Поэзия русских символистов была экстенсивной, хищнической: они, то есть Бальмонт, Брюсов, Андрей Белый, открывали новые области для себя, опустошали их и, подобно конквистадорам, стремились дальше. Поэзия Блока от начала до конца, от «Стихов о прекрасной Даме» до «Двенадцати» включительно, была интенсивной, культурно-созидательной. Тематическое развитие поэзии Блока шло от культа к культу. От «Незнакомки» и «Прекрасной Дамы», через «Балаганчик» и «Снежную Маску» к России и русской культуре и далее к революции как высшему музыкальному напряжению и катастрофической сущности культуры. Душевный строй поэта располагает к катастрофе. Культ же и культура предполагают скрытый и защищенный источник энергии, равномерное и целесообразное движение: «любовь, которая движет солнцем и остальными светилами». Поэтическая культура возникает из стремления предотвратить катастрофу, поставить ее в зависимость от центрального солнца всей системы, будь то любовь, о которой сказал Дант, или музыка, к которой в конце концов пришел Блок.
О Блоке можно сказать — поэт Незнакомки и русской культуры; разумеется, нелепо предполагать, что Незнакомка и Прекрасная Дама — символы русской культуры, но одна и та же потребность культа, то есть целесообразного разряда поэтической энергии, руководила его тематическим творчеством и нашла свое высшее удовлетворение в служении русской культуре и революции.
Заметки о Шенье
Восемнадцатый век похож на озеро с высохшим дном: ни глубины, ни влаги — всё подводное оказалось на поверхности. Людям самим было страшно от прозрачности и пустоты понятий. La Verité, la Liberté, la Nature, la Déité[12], особенно la Vertu[13], вызывают почти обморочное головокружение мысли, как прозрачные, пустые омуты. Этот век, который вынужден был ходить по морскому дну идей, как по паркету, — обернулся веком морали по преимуществу. Самым тривиальным нравственным истинам изумлялись, как редким морским раковинам. Человеческая мысль задыхалась от обилья непреложных истин и, однако, не находила себе покою. Так как, очевидно, все они оказывались недостаточно действенными, приходилось без устали повторять их.

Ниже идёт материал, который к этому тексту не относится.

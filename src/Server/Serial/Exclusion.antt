-- ===== src/Server/Serial/Exclusion.antt =====
-- A bucket that one thread owns is free for every other thread.
use mathlib.Core.Path.{subst}
use so.Common.{ℕ, ◌<◌, ◌==◌, false, ◌≡◌, ◌≢◌, refl, sym, ◌∙◌, Bool-cases, inl, inr, ==_iff, arith}
use so.Server.Locking.{Hold, free, shared, owned}
use so.Server.Serial.{
  Thread, System, Step, start_operation, take_shared, take_owned, begin, perform, give, update,
  hold,
}

pub equal-false : (i j : ℕ) → i ≢ j → (i == j) ≡ false
equal-false i j ne = ground arith

pub equal-ne : (i j : ℕ) → (i == j) ≡ false → i ≢ j
equal-ne i j e = λ h. ground arith

-- What holds of the new value, and of the others, holds of all.
pub update_all :
    {A : Type 0} (P : ℕ → A → Type 0) (f : ℕ → A) (i : ℕ) (a : A)
    → P i a
    → ((j : ℕ) → i ≢ j → P j (f j))
    → (j : ℕ) → P j (update f i a j)
update_all P f i a new old j = elim (Bool-cases (i == j)) [
  | inl at ↦ rw at (subst (λ k. P k a) ((==_iff i j).0 at) new)
  | inr not_at ↦ rw not_at (old j (equal-ne i j not_at))
]

-- Neither owns a bucket that the other has.
abbrev Agree : (ℕ → Hold) → (ℕ → Hold) → Type 0
Agree held other = (b : ℕ) → (held b ≡ owned → other b ≡ free) × (other b ≡ owned → held b ≡ free)

hold-Agree :
    (held other : ℕ → Hold) (b : ℕ) (h : Hold)
    → Agree held other
    → (h ≡ owned → other b ≡ free) × (other b ≡ owned → h ≡ free)
    → Agree (hold held b h) other
hold-Agree held other b h agree here m = elim (Bool-cases (b == m)) [
  | inl at ↦ rw (at, ← (==_iff b m).0 at) here
  | inr not_at ↦ rw not_at (agree m)
]

pub free-ne_owned : {h : Hold} → h ≡ free → h ≢ owned
free-ne_owned e = λ o. cc

module _ {C L : Type 0} where
  abbrev pub IsExclusive : ℕ → (ℕ → Thread C L) → Type 0
  IsExclusive n threads =
      (i j : ℕ)
      → i < n
      → j < n
      → i ≢ j
      → (b : ℕ) → (threads i).held b ≡ owned
      → (threads j).held b ≡ free

  update-IsExclusive :
      {n : ℕ} (threads : ℕ → Thread C L) (i : ℕ) (t : Thread C L)
      → IsExclusive n threads
      → ((j : ℕ) → j < n → i ≢ j → Agree t.held (threads j).held)
      → IsExclusive n (update threads i t)
  update-IsExclusive threads i t x agrees a b la lb ne m o = elim (Bool-cases (i == a)) [
    | inl at_a ↦
        let i_a : i ≡ a = (==_iff i a).0 at_a in
        let i_b : i ≢ b = λ e. ne (sym i_a ∙ e) in
        rw (equal-false i b i_b) ((agrees b lb i_b m).0 (rw at_a at o))
    | inr not_a ↦ elim (Bool-cases (i == b)) [
      | inl at_b ↦ rw at_b ((agrees a la (equal-ne i a not_a) m).1 (rw not_a at o))
      | inr not_b ↦ rw not_b (x a b la lb ne m (rw not_a at o))
    ]
  ]

  same-Agree :
      {n : ℕ} (threads : ℕ → Thread C L) (i j : ℕ)
      → IsExclusive n threads
      → i < n
      → j < n
      → i ≢ j
      → Agree (threads i).held (threads j).held
  same-Agree threads i j x li lj ne m = (x i j li lj ne m, x j i lj li (λ e. ne (sym e)) m)

  pub Step-IsExclusive :
      {n : ℕ} {s t : System C L} → Step n s t → IsExclusive n s.threads → IsExclusive n t.threads
  Step-IsExclusive {n} {s} (start_operation i o os lt e f h) x =
      update-IsExclusive s.threads i _ x (λ j lj ne. same-Agree s.threads i j x lt lj ne)
  Step-IsExclusive {n} {s} (take_shared i b locks left lt e none_owns) x =
      update-IsExclusive s.threads i _ x (λ j lj ne.
        hold-Agree _ _ b shared (same-Agree s.threads i j x lt lj ne)
          (λ h. cc, λ o. absurd (none_owns j lj o)))
  Step-IsExclusive {n} {s} (take_owned i b locks left lt e all_free) x =
      update-IsExclusive s.threads i _ x (λ j lj ne.
        hold-Agree _ _ b owned (same-Agree s.threads i j x lt lj ne)
          (λ h. all_free j lj, λ o. absurd (free-ne_owned (all_free j lj) o)))
  Step-IsExclusive {n} {s} (begin i left lt e) x =
      update-IsExclusive s.threads i _ x (λ j lj ne. same-Agree s.threads i j x lt lj ne)
  Step-IsExclusive {n} {s} (perform i a left lt e) x =
      update-IsExclusive s.threads i _ x (λ j lj ne. same-Agree s.threads i j x lt lj ne)
  Step-IsExclusive {n} {s} (give i b lt e h) x =
      update-IsExclusive s.threads i _ x (λ j lj ne.
        hold-Agree _ _ b free (same-Agree s.threads i j x lt lj ne) (λ h. cc, λ o. refl))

Великие принципы восемнадцатого века всё время в движении, в какой-то механической тревоге, как буддийская молитвенная мельница. Вот тому пример: античная мысль понимала добро как благо или благополучие; здесь еще не было внутренней пустоты гедонизма. Добро, благополучье, здоровье были слиты в одно представленье, как полновесный и однородный золотой шар. Внутри этого понятья не было пустоты. Вот этот-то сплошной, отнюдь не императивный и отнюдь не гедонистический характер античной морали позволяет даже усумниться в нравственной природе этого сознанья: уж не просто ли это гигиена, то есть профилактика душевного здоровья?
Восемнадцатый век утратил прямую связь с нравственным сознаньем античного мира. Золотой сплошной шар уже не звучал сам по себе. Из него извлекали звуки исхищренными приемами, соображеньями о пользе приятного и о приятности полезного. Опустошенное сознанье никак не могло выкормить идею долга, и она явилась в образе «la Vertu romaine», более подходящей для поддержания равновесия плохих трагедий, чем для управления душевной жизнью человека. Да, связь с античностью подлинной для восемнадцатого века была потеряна, и гораздо сильнее была связь с омертвевшими формами схоластической казуистики, так что век Разума является прямым наследником схоластики со своим рационализмом, аллегорическим мышлением, персонификацией идей, совершенно во вкусе старофранцузской поэтики. У средневековья была своя душа и было подлинное знанье античности, и не только по грамотности, но и по любовному воспроизведенью классического мира оно оставляет далеко позади век Просвещенья. Музам было невесело около Разума, они скучали с ним, хотя и неохотно в этом сознавались. Всё живое и здоровое уходило в безделушки, потому что за ними был меньший присмотр, а дитя с семью няньками — трагедия — выродилась в пышный пустоцвет, именно потому, что над ее колыбелью склонялись и заботливо ее нянчили «великие принципы». Младшие виды поэзии, счастливо избежавшие этой убийственной опеки, переживут старших, захиревших под ее рукой.
Поэтический путь Шенье — это уход, почти бегство от «великих принципов» к живой воде поэзии, совсем не к античному, а к вполне современному миропониманию.
В поэзии Шенье чудится религиозное и, может быть, детски-наивное предчувствие девятнадцатого века.